> Assignment
In the records, find each line where "subst" occurs, and copy it.

··· Data for processing

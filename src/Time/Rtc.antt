-- ===== src/Time/Rtc.antt =====
-- `Rtc::read_datetime` and `read_datetime_reliable`. The hardware answers each port read in turn:
-- a script gives the values that successive polls of the update flag see, and the registers that
-- the reads of one attempt see. Only the log output is left out.
mod Tests
use package.dvida_oxide.Prelude.{
  ℕ, zero, suc, ◌+◌, ◌-◌, ◌*◌, ◌/◌, ◌%◌, ◌≤◌, ◌<◌, ◌≡◌, ◌≢◌, refl, inl, inr, Bool, true, false, not,
  ◌&&◌, ◌||◌, Option, none, some, List, [], ◌∷◌, bit_and, ltb, leb, ◌==◌, if◌then◌else◌, Bool-cases,
  arith, ==→eq, ==→ne, subst, sym,
}
use package.dvida_oxide.Prelude.Bytes.{all_below, all_below_lem}
use package.dvida_oxide.Time.{RtcDateTime}
use package.dvida_oxide.Time.Days.{month_cases}

abbrev pub status_b_24_hour : ℕ
status_b_24_hour = 0x02

abbrev pub status_b_binary : ℕ
status_b_binary = 0x04

-- What the reads of one attempt return.
pub record Registers : Type 0 where
  pub seconds : ℕ
  pub minutes : ℕ
  pub hours : ℕ
  pub weekday : ℕ
  pub day : ℕ
  pub month : ℕ
  pub year : ℕ
  pub century : ℕ
  pub status_b : ℕ

-- One attempt: the registers, and the update flag as it is polled after they were read.
pub record Attempt : Type 0 where
  pub registers : Registers
  pub updating : Bool

-- `bcd >> 4` is at most 15, so the `u8` product cannot wrap.
pub bcd_to_binary : ℕ → ℕ
bcd_to_binary bcd = bcd / 16 * 10 + bit_and bcd 0x0F

-- The conversion of the hour to 24 hours.
pub to_24_hour : Bool → ℕ → ℕ
to_24_hour is_24hour hour =
    if is_24hour
    then hour
    else (let pm = not (bit_and hour 0x80 == 0) in
        let hour' = bit_and hour 0x7F in
        if pm && not (hour' == 12)
        then hour' + 12
        else (if not pm && hour' == 12 then 0 else hour'))

pub full_year : ℕ → ℕ → ℕ
full_year century year =
    if ltb 0 century && ltb century 99
    then century * 100 + year
    else (if ltb year 80 then 2000 + year else 1900 + year)

-- The conversions after the reads.
pub decode : Registers → RtcDateTime
unfolding bcd_to_binary to_24_hour full_year
decode r =
    let is_binary = not (bit_and r.status_b status_b_binary == 0) in
    let is_24hour = not (bit_and r.status_b status_b_24_hour == 0) in
    let convert = λ (v : ℕ). if is_binary then v else bcd_to_binary v in
    let hour = if is_binary then r.hours else bcd_to_binary (bit_and r.hours 0x7F) in
    record {
      second = convert r.seconds;
      minute = convert r.minutes;
      hour = to_24_hour is_24hour hour;
      day = convert r.day;
      month = convert r.month;
      year = full_year (convert r.century) (convert r.year);
      weekday = r.weekday;
    }

-- The wait before the reads has ended; an update during them makes the attempt fail.
pub read_datetime : Attempt → Option RtcDateTime
read_datetime a = if a.updating then none else some (decode a.registers)

-- `for attempt in 1..=5`, over the attempts that are left; `none` is the panic at the end.
pub read_attempts : ℕ → (ℕ → Attempt) → ℕ → Option RtcDateTime
read_attempts zero script n = none
read_attempts (suc left) script n =
    let rest = read_attempts left script (n + 1) in
    elim (read_datetime (script n)) [ some dt ↦ some dt | none ↦ rest ]

pub read_datetime_reliable : (ℕ → Attempt) → Option RtcDateTime
read_datetime_reliable script = read_attempts 5 script 0

abbrev pub encode_bcd : ℕ → ℕ
encode_bcd n = n / 10 * 16 + n % 10

bcd_table : all_below 100 (λ n. bcd_to_binary (encode_bcd n) == n) ≡ true
unfolding all_below bcd_to_binary
bcd_table = refl

-- `bcd_to_binary` decodes the two decimal digits of every number below 100.
bcd_to_binary-encode_bcd : (n : ℕ) → n < 100 → bcd_to_binary (encode_bcd n) ≡ n
bcd_to_binary-encode_bcd n h =
    ==→eq _ n (all_below_lem 100 (λ k. bcd_to_binary (encode_bcd k) == k) n bcd_table h)

abbrev pub is_binary : Registers → Bool
is_binary r = not (bit_and r.status_b status_b_binary == 0)

abbrev pub is_24hour : Registers → Bool
is_24hour r = not (bit_and r.status_b status_b_24_hour == 0)

-- The hours register of a 12-hour clock: the hour in binary or BCD, with bit 7 in the afternoon.
abbrev pub hours_register : Bool → Bool → ℕ → ℕ
hours_register binary pm hour =
    (if binary then hour else encode_bcd hour) + (if pm then 0x80 else 0)

converted : Bool → ℕ → ℕ
unfolding bcd_to_binary to_24_hour
converted binary register =
    to_24_hour false (if binary then register else bcd_to_binary (bit_and register 0x7F))

converted_lem :
    (binary pm : Bool) (hour : ℕ)
    → 1 ≤ hour
    → hour ≤ 12
    → converted binary (hours_register binary pm hour)
      ≡ hour % 12 + (if binary && pm then 12 else 0)
unfolding converted
converted_lem true true = month_cases _ refl refl refl refl refl refl refl refl refl refl refl refl
converted_lem true false = month_cases _ refl refl refl refl refl refl refl refl refl refl refl refl
converted_lem false true = month_cases _ refl refl refl refl refl refl refl refl refl refl refl refl
converted_lem false false =
    month_cases _ refl refl refl refl refl refl refl refl refl refl refl refl

-- With a 12-hour clock the hour is right in binary mode. In BCD mode the afternoon flag is lost:
-- an afternoon hour is decoded as that of the morning.
pub decode_12_hour :
    (r : Registers) (pm : Bool) (hour : ℕ)
    → is_24hour r ≡ false
    → 1 ≤ hour
    → hour ≤ 12
    → r.hours ≡ hours_register (is_binary r) pm hour
    → (decode r).hour ≡ hour % 12 + (if is_binary r && pm then 12 else 0)
unfolding decode converted
decode_12_hour r pm hour clock lo hi e = rw (clock, e) (converted_lem (is_binary r) pm hour lo hi)

read_datetime-updating : (a : Attempt) → a.updating ≡ true → read_datetime a ≡ none
unfolding read_datetime
read_datetime-updating a e = rw e

read_datetime-steady :
    (a : Attempt) → a.updating ≡ false → read_datetime a ≡ some (decode a.registers)
unfolding read_datetime
read_datetime-steady a e = rw e

-- The attempts from `n` up to `k` meet an update.
abbrev pub AllUpdating : (ℕ → Attempt) → ℕ → ℕ → Type 0
AllUpdating script n k = (j : ℕ) → n ≤ j → j < k → (script j).updating ≡ true

read_attempts-first :
    (left : ℕ) (script : ℕ → Attempt) (n k : ℕ)
    → n ≤ k
    → k < n + left
    → AllUpdating script n k
    → (script k).updating ≡ false
    → read_attempts left script n ≡ some (decode (script k).registers)
unfolding read_attempts
read_attempts-first zero script n k lo hi all steady = absurd (omega arith)
read_attempts-first (suc left) script n k lo hi all steady = elim (Bool-cases (n == k)) [
  | inl e ↦
      let here : read_datetime (script n) ≡ some (decode (script k).registers) =
        subst (λ m. read_datetime (script m) ≡ some (decode (script k).registers))
          (sym (==→eq n k e)) (read_datetime-steady (script k) steady) in
      rw (here, read_attempts)
  | inr e ↦
      let before : n < k = omega (arith, ==→ne n k e) in
      rw (read_datetime-updating (script n) (all n (omega arith) before), read_attempts)
        (read_attempts-first left script (n + 1) k (omega arith) (omega arith)
          (λ j lo' hi'. all j (omega arith) hi') steady)
]

read_attempts_all :
    (left : ℕ) (script : ℕ → Attempt) (n : ℕ)
    → AllUpdating script n (n + left)
    → read_attempts left script n ≡ none
unfolding read_attempts
read_attempts_all zero script n all = refl
read_attempts_all (suc left) script n all =
    rw (read_datetime-updating (script n) (all n (omega arith) (omega arith)), read_attempts)
      (read_attempts_all left script (n + 1) (λ j lo hi. all j (omega arith) (omega arith)))

-- The reliable read returns the date of the first of five attempts that no update spoils.
pub read_datetime_reliable-first :
    (script : ℕ → Attempt) (k : ℕ)
    → k < 5
    → AllUpdating script 0 k
    → (script k).updating ≡ false
    → read_datetime_reliable script ≡ some (decode (script k).registers)
unfolding read_datetime_reliable
read_datetime_reliable-first script k hi all steady =
    read_attempts-first 5 script 0 k (omega arith) (omega arith) all steady

-- It panics if updates spoil all five.
pub read_datetime_reliable_all :
    (script : ℕ → Attempt) → AllUpdating script 0 5 → read_datetime_reliable script ≡ none
unfolding read_datetime_reliable
read_datetime_reliable_all script all = read_attempts_all 5 script 0 all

······

> Task solution
  arith, ==→eq, ==→ne, subst, sym,
        subst (λ m. read_datetime (script m) ≡ some (decode (script k).registers))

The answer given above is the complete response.